▸ **WORK TASK**
Starting at the line that contains "is_int_text [] = false", output each line through the end of the data exactly, and nothing more.

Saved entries
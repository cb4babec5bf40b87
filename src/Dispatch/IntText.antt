-- ===== src/Dispatch/IntText.antt =====
-- `int(s)` of Python, as a test whether the text is accepted: white space, a sign, and digits with
-- single underscores between them. Of the digits and spaces of Unicode only the ASCII ones are read.
use Prim.Native.Char.{Char, code}
use Prim.Native.String.{String, [], ◌∷◌}
use text.Mathlib.Text.{◌==◌ as str_eq}
use elke.Base.{
  ℕ, ◌+◌, ◌-◌, ◌*◌, Option, none, some, Bool, true, false, ◌&&◌, ◌||◌, leb, ◌==◌, if◌then◌else◌,
}

abbrev is_digit : Char → Bool
is_digit c = leb 48 (code c) && leb (code c) 57

abbrev is_space : Char → Bool
is_space c =
    code c == 32 || (leb 9 (code c) && leb (code c) 13) || (leb 28 (code c) && leb (code c) 31)

abbrev all_space : String → Bool
all_space [] = true
all_space (c ∷ s) = is_space c && all_space s

-- `after_digit` tells whether an underscore, or the end, may follow.
abbrev digits : Bool → String → Bool
digits after_digit [] = after_digit
digits after_digit (c ∷ s) =
    let rest = digits (is_digit c) s in
    if is_digit c || (code c == 95 && after_digit) then rest else after_digit && all_space (c ∷ s)

-- The natural number that the text of a float stands for, if it is one: its digits and `.0`, as
-- Python writes it below 10 ** 16.
abbrev read_whole : ℕ → String → Option ℕ
read_whole n [] = none
read_whole n (c ∷ s) =
    let rest = read_whole (n * 10 + (code c - 48)) s in
    if is_digit c then rest else if code c == 46 && str_eq s "0" then some n else none

abbrev pub whole_value : String → Option ℕ
whole_value text = read_whole 0 text

unfoldable pub is_int_text : String → Bool
is_int_text [] = false
is_int_text (c ∷ s) =
    let rest = is_int_text s in
    if is_space c
    then rest
    else if code c == 43 || code c == 45
    then digits false s
    else digits false (c ∷ s)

▸ **WRITTEN RESPONSE**
is_int_text [] = false
is_int_text (c ∷ s) =
    let rest = is_int_text s in
    if is_space c
    then rest
    else if code c == 43 || code c == 45
    then digits false s
    else digits false (c ∷ s)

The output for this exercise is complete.